Anyone who’s looked at the earth from an airplane or seen a picture from such a view has no doubt observed the so-called patchwork of the land. It makes no difference whether you view the earth from the cockpit of a crop duster, or the window seat of a 747, or from the International Space Station. Our planet’s topography looks like someone tried to use up every scrap piece of fabric left over from other projects and ended up making an extremely eclectic but homey quilt that has a loose sense of order, yet defies repetition. Waves of green ebb and flow. Trees adorn the land like stippling while fields plowed with GPS assistance attempt to impose a rigid structure on what is, in context, a landscape filled with irregular patches—some lush and dense, others barren and sparse. Now zoom out a bit. See the rivers, the seams of the states and countries that preceded our imposed boundaries. And again, zoom out until you see the oceans to which those rivers run. King Solomon pointed out long ago “All streams run to the sea, but the sea is not full; to the place where the streams flow, there they flow again.” It’s all movement, tireless and strong. And it is upon this movement that our globalized economy has grown.

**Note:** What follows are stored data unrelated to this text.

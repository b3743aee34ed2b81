-- ===== src/World.antt =====
-- The memory of a client as its operations share it, the global objects of client/main.cpp, and what
-- it gets from outside. A std::shared_ptr is an address. An operation runs without another thread in
-- between: it holds the locks of what it works on.
use nmfs.Prelude.{ℕ, ◌+◌, Bytes, Bool, Option, none, some}
use nmfs.Exec.{Exec, Result, ok, err, logic_error, fuel_exhausted}
use nmfs.Map.{Map}
use nmfs.Uuid.{Uuid}
use nmfs.Inode.{Inode, Timespec}
use nmfs.DentryTable.{DentryTable}
use nmfs.FileHandler.{FileHandlerList}
use nmfs.Lease.Manager.{LeaseRequest, LeaseResponse}
use nmfs.Lease.Client.{LeaseTable}
use nmfs.RpcMessages.Calls.{Stub}
use nmfs.Transaction.{Outcome, accepted, refused, threw}
use nmfs.Transaction.Calls.{Call}
use nmfs.Journal.{Journal, retry, store}

-- What a remote_inode has beside its inode.
pub record RemoteInode : Type 0 where
  pub leader_ip : Bytes
  pub dentry_table_ino : Uuid
  pub file_name : Bytes
  pub target_is_parent : Bool

-- The operating system, the libraries and the other machines. Each answers a question by its number,
-- so that the clock goes on and two answers may differ. `grant` is the manager's answer to a request
-- for a lease, `none` where the call fails. `fuel` bounds the rounds of the loop in the journal and
-- of those over the objects of a file.
pub record Outside : Type 0 where
  pub now : ℕ → ℕ
  pub time : ℕ → Timespec
  pub fresh_ino : ℕ → Uuid
  pub fresh_handle : ℕ → ℕ
  pub grant : ℕ → LeaseRequest → Option LeaseResponse
  pub stub : ℕ → Stub
  pub to_string : Uuid → Bytes
  pub self_remote : Bytes
  pub fuel : ℕ

-- `next` is the first free address, and `asked` the number of questions put to the outside. In
-- `remotes` an inode that is no remote_inode has `none`. The pools have the states of their type.
pub record World (State : Type 0) : Type 0 where
  pub next : ℕ
  pub inodes : ℕ → Inode
  pub remotes : ℕ → Option RemoteInode
  pub tables : ℕ → DentryTable
  pub dentry_tables : Map ℕ
  pub leases : LeaseTable
  pub journal : Journal
  pub open_context : FileHandlerList
  pub client_uid : ℕ
  pub client_gid : ℕ
  pub meta_pool : State
  pub data_pool : State
  pub asked : ℕ

-- How a call of journalctl ends for its caller.
abbrev pub ended : Option Outcome → Result (Unit {0})
ended none = err fuel_exhausted
ended (some (accepted tx)) = ok tt
ended (some (refused tx)) = err fuel_exhausted
ended (some (threw tx)) = err logic_error

module _ {State : Type 0} where
  -- A question to the outside.
  abbrev pub ask : {A : Type 0} → (ℕ → A) → Exec (World State) A
  ask f w = (ok (f w.asked), record w { asked = w.asked + 1 })

  -- A value that is computed without a change, or an exception.
  abbrev pub yield : {A : Type 0} → Result A → Exec (World State) A
  yield r w = (r, w)

  abbrev pub get_inode : ℕ → Exec (World State) Inode
  get_inode i w = (ok (w.inodes i), w)

  -- A write to the fields of an inode.
  abbrev pub set_inode : ℕ → (Inode → Inode) → Exec (World State) Unit
  set_inode i f w = (ok tt, record w { inodes = store i (f (w.inodes i)) w.inodes })

  -- std::make_shared<inode>, or <remote_inode>
  abbrev pub make_inode : Inode → Option RemoteInode → Exec (World State) ℕ
  make_inode i remote w = (
    ok w.next,
    record w {
      next = w.next + 1;
      inodes = store w.next i w.inodes;
      remotes = store w.next remote w.remotes;
    },
  )

  -- std::make_shared<dentry_table>
  abbrev pub make_table : DentryTable → Exec (World State) ℕ
  make_table t w = (ok w.next, record w { next = w.next + 1; tables = store w.next t w.tables })

  abbrev pub get_table : ℕ → Exec (World State) DentryTable
  get_table a w = (ok (w.tables a), w)

  -- A call of a member function of a table.
  abbrev pub at_table : {A : Type 0} → ℕ → Exec DentryTable A → Exec (World State) A
  at_table a m w = let (r, t) = m (w.tables a) in (r, record w { tables = store a t w.tables })

  abbrev pub at_meta_pool : {A : Type 0} → Exec State A → Exec (World State) A
  at_meta_pool m w = let (r, s) = m w.meta_pool in (r, record w { meta_pool = s })

  abbrev pub at_data_pool : {A : Type 0} → Exec State A → Exec (World State) A
  at_data_pool m w = let (r, s) = m w.data_pool in (r, record w { data_pool = s })

  -- journalctl->mkself(...) to journalctl->chreg(...), for the directory `ino`
  abbrev pub journalctl : Outside → Call → Uuid → Exec (World State) Unit
  journalctl out c ino w =
      let (j, o) = retry out.fuel c ino w.journal in (ended o, record w { journal = j })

Ships are like needles laden with the thread of imported goods that traverse the aqueous woof and warp of our world. Like the needle of a tailor, which guides the thread that binds up disparate pieces of fabric, these vessels bring something new to a preexisting social fabric. The thread that a needle pulls—mending, binding, decorating—is a foreign substance, an addition that becomes part of the fabric itself. So it is with the goods that these container ships carry across the ocean, up a river delta, and finally to a port, where they are unloaded and disseminated throughout the fabric of the city. Medical supplies, food, raw materials, oil, and finished goods, among other things, arrive in Lego-like containers. These containers hide their contents from the passerby, but their effects are readily perceived. Like the slow and silent flow of the river that deposits sediments from unknown places, creating a palimpsest of diverse soils that enrich its shores, these goods transform the city’s very essence. The ships that sew the world’s nations into an ever more interdependent economy reveal that our common currency is not coin or check but need—the need for survival and restoration.

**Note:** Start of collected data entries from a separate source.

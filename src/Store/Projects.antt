-- ===== src/Store/Projects.antt =====
-- Projects and sessions in harness/storage/store.py. A project is a workspace row, a record of its
-- source folders, and a tombstone once it is removed.
use mi_harness.Prelude.{
  ℕ, ◌+◌, String, Bool, true, false, not, ◌&&◌, Option, none, some, List, [], ◌∷◌, ◌++◌, leb, ◌==◌,
  if◌then◌else◌, same, is_some, get_or_else, select, any, find_row, update_rows, order_by,
}
use mi_harness.Exec.{
  pure, raise, gets, transaction, modify, new_id, utc_now, ◌>>=◌, ◌>>◌, require, or_raise,
  not_found, project_busy, revision_conflict, integrity, key_error,
}
use mi_harness.Core.{is_terminal}
use mi_harness.Store.Schema.{
  PolicyDocument, Payload, WorkspaceRow, SessionRow, RunRow, Database, Db,
}
use mi_harness.Store.Records.{get, put}
use mi_harness.Store.Branches.{insert_branch}
use mi_harness.Store.Runs.{owned_by}

abbrev pub with_workspace_id : String → WorkspaceRow → Bool
with_workspace_id identity w = same w.id identity

-- The row with its source folders and the time of its removal.
pub record Workspace : Type 0 where
  pub row : WorkspaceRow
  pub open row use *
  pub roots : List String
  pub removed_at : Option ℕ

abbrev roots_of : Option Payload → String → List String
roots_of (some (Payload.project_roots roots)) root = roots
roots_of _ root = root ∷ []

abbrev removal_of : Option Payload → Option ℕ
removal_of (some (Payload.project_tombstone t)) = some t
removal_of _ = none

-- Store.workspace
unfoldable pub workspace : String → Option String → Db Workspace
workspace workspace_id owner_id = do
  found ← gets (λ d. find_row (with_workspace_id workspace_id) d.workspaces)
  row ← or_raise not_found found
  require (owned_by owner_id row.owner_id) not_found
  saved ← get "project_roots" row.id
  tombstone ← get "project_tombstones" row.id
  pure (record { row = row; roots = roots_of saved row.root; removed_at = removal_of tombstone })

-- Store.active_workspace
unfoldable pub active_workspace : String → Option String → Db Workspace
active_workspace workspace_id owner_id = do
  w ← workspace workspace_id owner_id
  require (not (is_some w.removed_at)) not_found
  pure w

-- Store.create_workspace
unfoldable pub create_workspace : String → String → String → PolicyDocument → Db Workspace
create_workspace owner name root policy = do
  identity ← new_id
  now ← utc_now
  taken ← gets (λ d. any (with_workspace_id identity) d.workspaces)
  require (not taken) integrity
  modify (λ d. record d {
    workspaces =
        d.workspaces
        ++ record {
          id = identity;
          owner_id = owner;
          name = name;
          root = root;
          revision = 1;
          policy = policy;
          created_at = now;
        }
          ∷ [];
  })
  workspace identity (some owner)

-- A run of the project that has not ended.
abbrev pub is_busy : String → Database → Bool
is_busy identity d =
    any (λ (r : RunRow). same r.workspace_id identity && not (is_terminal r.status)) d.runs

abbrev workspace_at : String → Option ℕ → WorkspaceRow → Bool
workspace_at identity none w = false
workspace_at identity (some expected) w = same w.id identity && w.revision == expected

first_root : List String → Db String
first_root [] = raise key_error
first_root (r ∷ rs) = pure r

change_project : String → String → String → List String → Option ℕ → Db String
change_project identity owner name roots expected = do
  active_workspace identity (some owner)
  active ← gets (is_busy identity)
  require (not active) project_busy
  root ← first_root roots
  changed ← gets (λ d. any (workspace_at identity expected) d.workspaces)
  modify (λ d. record d {
    workspaces =
        update_rows (workspace_at identity expected)
          (λ w. record w { name = name; root = root; revision = w.revision + 1 }) d.workspaces;
  })
  require changed revision_conflict
  pure identity

new_project : String → String → List String → PolicyDocument → Db String
new_project owner name roots policy = do
  root ← first_root roots
  w ← create_workspace owner name root policy
  pure w.id

changed_or_new :
    Option String → String → String → List String → PolicyDocument → Option ℕ → Db String
changed_or_new none owner name roots policy expected = new_project owner name roots policy
changed_or_new (some k) owner name roots policy expected =
    change_project k owner name roots expected

-- Store.save_project
unfoldable pub save_project :
    String → String → List String → PolicyDocument → Option String → Option ℕ → Db Workspace
unfolding changed_or_new new_project change_project first_root
save_project owner name roots policy identity expected = transaction (do
  k ← changed_or_new identity owner name roots policy expected
  put "project_roots" k (Payload.project_roots roots)
  workspace k (some owner))

-- Store.remove_project; the receipt is the time of removal and the new revision.
unfoldable pub remove_project : String → String → ℕ → Db (ℕ × ℕ)
remove_project owner identity expected = transaction (do
  active_workspace identity (some owner)
  active ← gets (is_busy identity)
  require (not active) project_busy
  removed_at ← utc_now
  changed ← gets (λ d. any (workspace_at identity (some expected)) d.workspaces)
  modify (λ d. record d {
    workspaces =
        update_rows (workspace_at identity (some expected))
          (λ w. record w { revision = w.revision + 1 }) d.workspaces;
  })
  require changed revision_conflict
  put "project_tombstones" identity (Payload.project_tombstone removed_at)
  pure (removed_at, expected + 1))

abbrev pub with_session_id : String → SessionRow → Bool
with_session_id identity s = same s.id identity

-- Store.session
unfoldable pub session : String → Option String → Db SessionRow
session identity owner = do
  found ← gets (λ d. find_row (with_session_id identity) d.sessions)
  row ← or_raise not_found found
  workspace row.workspace_id owner
  pure row

-- Store.create_session
unfoldable pub create_session : String → String → String → Db SessionRow
create_session workspace_id title agent = do
  sid ← new_id
  bid ← new_id
  now ← utc_now
  transaction (do
    taken ← gets (λ d. any (with_session_id sid) d.sessions)
    known ← gets (λ d. any (with_workspace_id workspace_id) d.workspaces)
    require (not taken && known) integrity
    modify (λ d. record d {
      sessions =
          d.sessions
          ++ record {
            id = sid;
            workspace_id = workspace_id;
            title = title;
            agent_spec_id = agent;
            default_branch_id = bid;
            revision = 1;
            archived_at = none;
            created_at = now;
            updated_at = now;
          }
            ∷ [];
    })
    thread ← new_id
    insert_branch (record {
      id = bid;
      session_id = sid;
      parent_id = none;
      graph_thread_key = thread;
      checkpoint_ref = none;
      active_run_id = none;
      revision = 1;
      created_at = now;
    }))
  session sid none

-- Store.sessions
unfoldable pub sessions : String → Bool → Db (List SessionRow)
sessions workspace_id archived = gets (λ d.
    order_by (λ (a b : SessionRow). leb b.updated_at a.updated_at)
      (select
        (λ (s : SessionRow).
          same s.workspace_id workspace_id
          && (if archived then is_some s.archived_at else not (is_some s.archived_at)))
        d.sessions))

abbrev session_at : String → ℕ → SessionRow → Bool
session_at identity expected s = same s.id identity && s.revision == expected

archive_time : Option Bool → Option ℕ → Db (Option ℕ)
archive_time none old = pure old
archive_time (some true) old = do now ← utc_now; pure (some now)
archive_time (some false) old = pure none

-- Store.patch_session: a new title, and whether the session is archived, where they are given.
unfoldable pub patch_session : String → ℕ → Option String → Option Bool → Db SessionRow
unfolding archive_time
patch_session identity expected title archived = do
  transaction (do
    row ← session identity none
    archived_at ← archive_time archived row.archived_at
    now ← utc_now
    count ← gets (λ d. any (session_at identity expected) d.sessions)
    modify (λ d. record d {
      sessions =
          update_rows (session_at identity expected)
            (λ s. record s {
              title = get_or_else title row.title;
              archived_at = archived_at;
              updated_at = now;
              revision = s.revision + 1;
            })
            d.sessions;
    })
    require count revision_conflict)
  session identity none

Today, I spy these ships slinking up and down the Savannah River like lazy juggernauts. They move in and out like the waves, with only bullhorn blast and diesel rumble to announce their going and coming. They pass under the Talmadge Bridge, growing by turns exponentially larger and smaller in my field of view as they head out toward the Atlantic Ocean. I sometimes watch them slip past Fort Pulaski and the oyster shell muck surrounding Cockspur Island until they fade into the hazy horizon of competing blues between the sky and sea. I know not where they are going, or from where they came, or when they will ever return, and I realize that I know little more of my place in the world than I did when I could wrap my arms around the globe as a child many years ago.